Design a Rate Limiter

A rate limiter has compact domain logic — "has this client exceeded their quota?" — the mark of a utility problem where the design work is precision, not breadth. That work centers on three concerns: choosing an algorithm whose state is cheap and deterministic, keeping per-client accounting independent, and making the allow/deny check safe when many threads evaluate the same client simultaneously. The design separates the policy-enforcement shell from the pluggable algorithm inside it.

See It in Action

The demo runs the finished design: one rate limiter giving each client an independent quota. Pick a client, spend its allowance with each request, and watch it refill over time. Spamming one client never touches another's allowance — the per-client independence at the heart of the design.

Clarifying Requirements

The functional requirements we will commit to: the limiter is keyed per client string; each client gets a quota of requests per configurable window; a request is either allowed or denied; and the accounting is computed lazily at request time using integer arithmetic so the behaviour is deterministic and reproducible in tests. Timestamps are supplied explicitly rather than read from a wall clock, making the whole system testable without mocking.

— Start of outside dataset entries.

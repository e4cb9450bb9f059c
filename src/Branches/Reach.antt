-- ===== src/Branches/Reach.antt =====
-- What the loop of node/src/node/block_state/tools/invalidate_branch.rs leaves when it ends.
use ackinacki.Branches.{
  state_of, mark, skip, InvalidateError, assert_fails, process, visit, BlockStateRepository,
}
use ackinacki.Types.{BlockIdentifier}
use ackinacki.Common.{
  contains-append, nat_eq, subst, ok, ==_cases, ◌⊎◌, contains, ◌++◌, Result, inr, inl, Bool-cases,
  ◌∙◌, ap, sym, refl, suc, zero, arith, ◌≡◌, ℕ, List, false, true, ◌∷◌, [],
}
use ackinacki.BlockState.{AckiNackiBlockState, is_set}
use ackinacki.Branches.Closure.{
  Descends-trans, Descends-back, Grows-refl, invalid-marked, Grows-trans, marked-Grows, Descends,
  children, marked, IsCovered, invalid, Grows, child, self,
}

-- The loop, from a queue: it keeps what `Grows` says, covers every child, invalidates the blocks of the
-- queue, and no block that does not descend from one of them.
pub record Reaches (to_process : List BlockIdentifier) (from to : BlockStateRepository)
    : Type 0 where
  pub grows : Grows from to
  pub covered : IsCovered [] to
  pub queued : (b : BlockIdentifier) → contains b to_process ≡ true → invalid to b ≡ true
  pub only :
      (b : BlockIdentifier)
      → invalid to b ≡ true
      → (invalid from b ≡ true)
        ⊎ ((r : BlockIdentifier) × (contains r to_process ≡ true) × Descends from r b)

abbrev pub result_of : BlockStateRepository → Result InvalidateError BlockStateRepository
result_of s = ok s

ok_same : (a b : BlockStateRepository) → result_of a ≡ result_of b → a ≡ b
ok_same a b h = ground arith

pub visit_cases :
    (s : AckiNackiBlockState)
    → ((visit s ≡ assert_fails) × (is_set s.finalized ≡ true))
      ⊎ ((visit s ≡ skip) × (is_set s.invalidated ≡ true))
      ⊎ ((visit s ≡ mark) × (is_set s.invalidated ≡ false))
unfolding visit
visit_cases s = elim (Bool-cases (is_set s.finalized)) [
  | inl e ↦ inl (rw e refl, e)
  | inr e ↦ elim (Bool-cases (is_set s.invalidated)) [
    | inl f ↦ inr (inl (rw (e, f) refl, f))
    | inr f ↦ inr (inr (rw (e, f) refl, f))
  ]
]

IsCovered-skip :
    (next : BlockIdentifier) (q : List BlockIdentifier) (s : BlockStateRepository)
    → invalid s next ≡ true
    → IsCovered (next ∷ q) s
    → IsCovered q s
IsCovered-skip next q s h covered b c is_invalid here = elim (==_cases next c) [
  | inl (same, e) ↦ rw (ap (invalid s) (sym same) ∙ h) refl
  | inr (other, e) ↦ ground (arith, covered b c is_invalid here)
]

IsCovered-mark :
    (next : BlockIdentifier) (q : List BlockIdentifier) (s : BlockStateRepository)
    → IsCovered (next ∷ q) s
    → IsCovered (q ++ children s next) (marked s next)
IsCovered-mark next q s covered b c is_invalid here =
    let kept : contains c (children s b) ≡ true =
      ap (contains c) (sym ((marked-Grows s next).same_children b)) ∙ here in
    elim (==_cases next b) [
      | inl (same, e) ↦
          let waits : contains c (children s next) ≡ true = rw same kept in
          ground (arith, contains-append c q (children s next))
      | inr (other, e) ↦
          let was : invalid s b ≡ true = ground (arith, invalid-marked s next b) in
          ground (
            arith,
            covered b c was kept,
            invalid-marked s next c,
            contains-append c q (children s next),
          )
    ]

Reaches-skip :
    (next : BlockIdentifier) (q : List BlockIdentifier) (s t : BlockStateRepository)
    → invalid s next ≡ true
    → Reaches q s t
    → Reaches (next ∷ q) s t
Reaches-skip next q s t h r = record {
  grows = r.grows;
  covered = r.covered;
  queued = λ b here. elim (==_cases next b) [
    | inl (same, e) ↦ r.grows.stays b (ap (invalid s) (sym same) ∙ h)
    | inr (other, e) ↦ r.queued b (ground (arith, here))
  ];
  only = λ b is_invalid. elim (r.only b is_invalid) [
    | inl was ↦ inl was
    | inr (root, here, descends) ↦ inr (root, ground (arith, here), descends)
  ];
}

Reaches-mark :
    (next : BlockIdentifier) (q : List BlockIdentifier) (s t : BlockStateRepository)
    → Reaches (q ++ children s next) (marked s next) t
    → Reaches (next ∷ q) s t
Reaches-mark next q s t r = record {
  grows = Grows-trans s (marked s next) t (marked-Grows s next) r.grows;
  covered = r.covered;
  queued = λ b here. elim (==_cases next b) [
    | inl (same, e) ↦ r.grows.stays b (ground (arith, invalid-marked s next b))
    | inr (other, e) ↦ r.queued b (ground (arith, contains-append b q (children s next)))
  ];
  only = λ b is_invalid. elim (r.only b is_invalid) [
    | inl was ↦ elim (==_cases next b) [
      | inl (same, e) ↦ inr (next, ground arith, subst (Descends s next) same self)
      | inr (other, e) ↦ inl (ground (arith, invalid-marked s next b))
    ]
    | inr (root, here, descends) ↦
        let from = Descends-back s (marked s next) root b (marked-Grows s next) descends in
        elim (Bool-cases (contains root q)) [
          | inl e ↦ inr (root, ground (arith, e), from)
          | inr e ↦ inr (
            next,
            ground arith,
            Descends-trans s next root b
                (child next root self (ground (arith, e, contains-append root q (children s next))))
                from,
          )
        ]
  ];
}

pub process-Reaches :
    (rounds : ℕ) (q : List BlockIdentifier) (s t : BlockStateRepository)
    → process rounds q s ≡ ok t
    → IsCovered q s
    → Reaches q s t
unfolding process marked
process-Reaches rounds [] s t h covered = subst (Reaches [] s) (ok_same s t h) (record {
  grows = Grows-refl s;
  covered = covered;
  queued = λ b here. absurd (ground (arith, here));
  only = λ b is_invalid. inl is_invalid;
})
process-Reaches zero (next ∷ q) s t h covered = cc
process-Reaches (suc rounds) (next ∷ q) s t h covered = elim (visit_cases (state_of s next)) [
  | inl (e, final) ↦ cc (rw (e, process) at h)
  | inr (inl (e, is_invalid)) ↦ Reaches-skip next q s t is_invalid (
      process-Reaches rounds q s t (rw (e, process) at h)
        (IsCovered-skip next q s is_invalid covered))
  | inr (inr (e, valid)) ↦ Reaches-mark next q s t (
      process-Reaches rounds (q ++ children s next) (marked s next) t (rw (e, process) at h)
        (IsCovered-mark next q s covered))
]
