-- ===== src/Branches/Rounds.antt =====
-- The rounds of the loop of node/src/node/block_state/tools/invalidate_branch.rs, and what the whole call
-- does.
use ackinacki.BlockState.Changes.{cannot_be_finalized}
use ackinacki.Branches.Reach.{process-Reaches, visit_cases}
use ackinacki.Types.{BlockIdentifier}
use ackinacki.Common.Assoc.{get, insert}
use ackinacki.Branches.{
  invalidate_branch, InvalidateError, process, is_finalized, out_of_rounds, state_of, all_children,
  BlockStateRepository,
}
use ackinacki.Common.{
  subst, Result-cases, contains-append, ok, length-append, ◌<◌, ◌≢◌, ◌⊎◌, err, ◌≤◌, ◌++◌, contains,
  nat_eq, ==_cases, ◌+◌, length, if◌then◌else◌, inr, inl, Bool-cases, ◌∙◌, ap, sym, refl, suc, zero,
  arith, ◌≡◌, ℕ, List, false, true, ◌∷◌, [],
}
use ackinacki.BlockState.{
  can_be_finalized, set_invalidated, notify_changed, AckiNackiBlockState, is_set, new,
}
use ackinacki.Branches.Closure.{
  Descends-trans, marked-Grows, Descends-back, final, IsCovered, children, Descends, invalid, Grows,
  marked, child, self,
}

-- The children that a block has yet to put into the queue.
abbrev weight : AckiNackiBlockState → ℕ
weight s = if is_set s.invalidated then 0 else length (all_children s.known_children)

unfoldable pub pending : BlockStateRepository → ℕ
pending [] = 0
pending ((b, s) ∷ states) = weight s + pending states

weight-new : (b : BlockIdentifier) → weight (new b) ≡ 0
unfolding new all_children
weight-new b = refl

pending-insert :
    (b : BlockIdentifier) (next : AckiNackiBlockState) (states : BlockStateRepository)
    → pending (insert b next states) + weight (state_of states b) ≡ pending states + weight next
unfolding pending insert get state_of
pending-insert b next [] = ground (arith, weight-new b)
pending-insert b next ((c, s) ∷ states) = elim (==_cases c b) [
  | inl (same, e) ↦ rw e (ground arith)
  | inr (other, e) ↦ rw e (ground (arith, pending-insert b next states))
]

-- The rounds that are left after a mark, together with the blocks of the queue.
pending-marked :
    (next : BlockIdentifier) (states : BlockStateRepository)
    → invalid states next ≡ false
    → pending (marked states next) + length (children states next) ≡ pending states
unfolding marked set_invalidated notify_changed
pending-marked next states valid =
    let own : weight (state_of states next) ≡ length (children states next) = rw valid refl in
    ground (arith, own, pending-insert next (set_invalidated (state_of states next)) states)

process-ends :
    (rounds : ℕ) (q : List BlockIdentifier) (s : BlockStateRepository)
    → length q + pending s ≤ rounds
    → process rounds q s ≢ err out_of_rounds
unfolding process marked
process-ends rounds [] s enough h = cc
process-ends zero (next ∷ q) s enough h = absurd (omega (arith, enough))
process-ends (suc rounds) (next ∷ q) s enough h = elim (visit_cases (state_of s next)) [
  | inl (e, final) ↦ cc (rw (e, process) at h)
  | inr (inl (e, is_invalid)) ↦
      process-ends rounds q s (omega (arith, enough)) (rw (e, process) at h)
  | inr (inr (e, valid)) ↦
      process-ends rounds (q ++ children s next) (marked s next)
        (omega (arith, enough, pending-marked next s valid, length-append q (children s next)))
        (rw (e, process) at h)
]

-- A block of the queue, or one that descends from it, is final.
abbrev HasFinal : List BlockIdentifier → BlockStateRepository → Type 0
HasFinal q s = (r b : BlockIdentifier) × (contains r q ≡ true) × Descends s r b × (final s b ≡ true)

HasFinal-mark :
    (next : BlockIdentifier) (q : List BlockIdentifier) (s : BlockStateRepository)
    → HasFinal (q ++ children s next) (marked s next)
    → HasFinal (next ∷ q) s
HasFinal-mark next q s (r, b, here, descends, is_final) =
    let from = Descends-back s (marked s next) r b (marked-Grows s next) descends in
    let was = sym ((marked-Grows s next).same_final b) ∙ is_final in
    elim (Bool-cases (contains r q)) [
      | inl e ↦ (r, b, ground (arith, e), from, was)
      | inr e ↦ (
        next,
        b,
        ground arith,
        Descends-trans s next r b
            (child next r self (ground (arith, e, contains-append r q (children s next)))) from,
        was,
      )
    ]

process-HasFinal :
    (rounds : ℕ) (q : List BlockIdentifier) (s : BlockStateRepository)
    → process rounds q s ≡ err is_finalized
    → HasFinal q s
unfolding process marked
process-HasFinal rounds [] s h = cc
process-HasFinal zero (next ∷ q) s h = cc
process-HasFinal (suc rounds) (next ∷ q) s h = elim (visit_cases (state_of s next)) [
  | inl (e, is_final) ↦ (next, next, ground arith, self, is_final)
  | inr (inl (e, is_invalid)) ↦
      let (r, b, here, descends, is_final) = process-HasFinal rounds q s (rw (e, process) at h) in
      (r, b, ground (arith, here), descends, is_final)
  | inr (inr (e, valid)) ↦
      HasFinal-mark next q s
        (process-HasFinal rounds (q ++ children s next) (marked s next) (rw (e, process) at h))
]

-- Where every child of an invalidated block is invalidated, so is whatever descends from it.
descendants_invalid :
    (from to : BlockStateRepository) (root b : BlockIdentifier)
    → Grows from to
    → IsCovered [] to
    → invalid to root ≡ true
    → Descends from root b
    → invalid to b ≡ true
descendants_invalid from to root _ grows covered h self = h
descendants_invalid from to root _ grows covered h (child b c rest here) = ground (
  arith,
  covered b c (descendants_invalid from to root b grows covered h rest)
      (ap (contains c) (grows.same_children b) ∙ here),
)

InvalidateError-cases : (e : InvalidateError) → (e ≡ is_finalized) ⊎ (e ≡ out_of_rounds)
InvalidateError-cases is_finalized = inl refl
InvalidateError-cases out_of_rounds = inr refl

with_root : (b : BlockIdentifier) (s : BlockStateRepository) → IsCovered [] s → IsCovered (b ∷ []) s
with_root b s covered = λ x c is_invalid here. ground (arith, covered x c is_invalid here)

pub invalidate_branch-Grows :
    (rounds : ℕ) (b : BlockIdentifier) (s t : BlockStateRepository)
    → IsCovered [] s
    → invalidate_branch rounds b s ≡ ok t
    → Grows s t × IsCovered [] t
unfolding invalidate_branch
invalidate_branch-Grows rounds b s t covered h =
    let r = process-Reaches rounds (b ∷ []) s t h (with_root b s covered) in (r.grows, r.covered)

only_root : (root r : BlockIdentifier) → contains r (root ∷ []) ≡ true → r ≡ root
only_root root r here = ground (arith, here)

-- Where every child of an invalidated block is invalidated, invalidating a branch ends within as many
-- rounds as the children that valid blocks have, and one. Either it panics, and its root or a block that
-- descends from it is final. Or every block that descends from the root is invalidated and can not be
-- finalized any more, no other block has been invalidated, the children and the final blocks are those
-- from before, and again every child of an invalidated block is invalidated.
pub invalidate_branch-Descends :
    (rounds : ℕ) (root : BlockIdentifier) (s : BlockStateRepository)
    → IsCovered [] s
    → pending s < rounds
    → ((invalidate_branch rounds root s ≡ err is_finalized)
        × ((b : BlockIdentifier) × Descends s root b × (final s b ≡ true)))
      ⊎ ((t : BlockStateRepository) × (invalidate_branch rounds root s ≡ ok t)
          × Grows s t
          × IsCovered [] t
          × ((b : BlockIdentifier)
              → Descends s root b
              → (invalid t b ≡ true) × (can_be_finalized (state_of t b) ≡ false))
          × ((b : BlockIdentifier) → invalid t b ≡ true → (invalid s b ≡ true) ⊎ Descends s root b))
unfolding invalidate_branch
invalidate_branch-Descends rounds root s covered enough =
    elim (Result-cases (process rounds (root ∷ []) s)) [
      | inl (e, h) ↦ elim (InvalidateError-cases e) [
        | inl same ↦
            let failed = h ∙ ap err same in
            let (r, b, here, descends, is_final) = process-HasFinal rounds (root ∷ []) s failed in
            inl
              (failed, (b, subst (λ x. Descends s x b) (only_root root r here) descends, is_final))
        | inr same ↦
            absurd (process-ends rounds (root ∷ []) s (omega (arith, enough)) (h ∙ ap err same))
      ]
      | inr (t, h) ↦
          let r =
            process-Reaches rounds (root ∷ []) s t h
              (λ b c is_invalid here. ground (arith, covered b c is_invalid here)) in
          let invalids : (b : BlockIdentifier) → Descends s root b → invalid t b ≡ true =
            λ b descends.
              descendants_invalid s t root b r.grows r.covered (r.queued root (ground arith))
                descends in
          inr (
            t,
            h,
            r.grows,
            r.covered,
            λ b descends.
                (invalids b descends, cannot_be_finalized (state_of t b) (invalids b descends)),
            λ b is_invalid. elim (r.only b is_invalid) [
              | inl was ↦ inl was
              | inr (x, here, descends) ↦
                  inr (subst (λ y. Descends s y b) (only_root root x here) descends)
            ],
          )
    ]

Which counting algorithm enforces that quota is the first design decision, not a requirement. Several schemes can do it and they differ sharply in memory and burst behavior. Before reading on, decide which one limits bursts without paying unbounded memory per client.

So the design uses a token bucket: each client holds tokens that refill at a steady rate, and a request is allowed only when a token is available to spend. The flowchart traces what that does on every request:

Core Entities

The token bucket is chosen, but one fork remains before the class list. The requirements still name sliding-window log and fixed-window counter as options a real system might switch to, so: should the counting algorithm be baked directly into the limiter, or sit behind an interface the limiter holds a reference to? Decide before reading on.

With that decided, the entity list is three things.

A RateLimitStrategy is the pluggable algorithm interface. It answers one question: "should this request be allowed, given the current timestamp?" The interface lets us swap token bucket for sliding-window log or fixed-window counter without touching the surrounding machinery.

A TokenBucket is a concrete strategy, and the mental model is worth building before the code. Picture a bucket that holds up to capacity tokens. Every request takes one token out; if the bucket is empty, the request is denied. Tokens are added back at a steady rate — capacity tokens over each window of time — filling only up to the brim. So capacity is the size of the burst you tolerate and window is how long a fully drained bucket takes to refill. With capacity = 10 and window = 60s, a client can fire 10 requests at once, then about one more every 6 seconds as tokens trickle back.

Refill is lazy. Rather than a background timer adding tokens every few milliseconds — which would burn CPU on idle clients and want a thread per bucket — the bucket adds nothing until a request actually arrives. At that moment it asks "how many tokens would have refilled since I last looked?" and adds them in one step. Same arithmetic, computed only when it matters; the last_refill timestamp is the "when I last looked" marker.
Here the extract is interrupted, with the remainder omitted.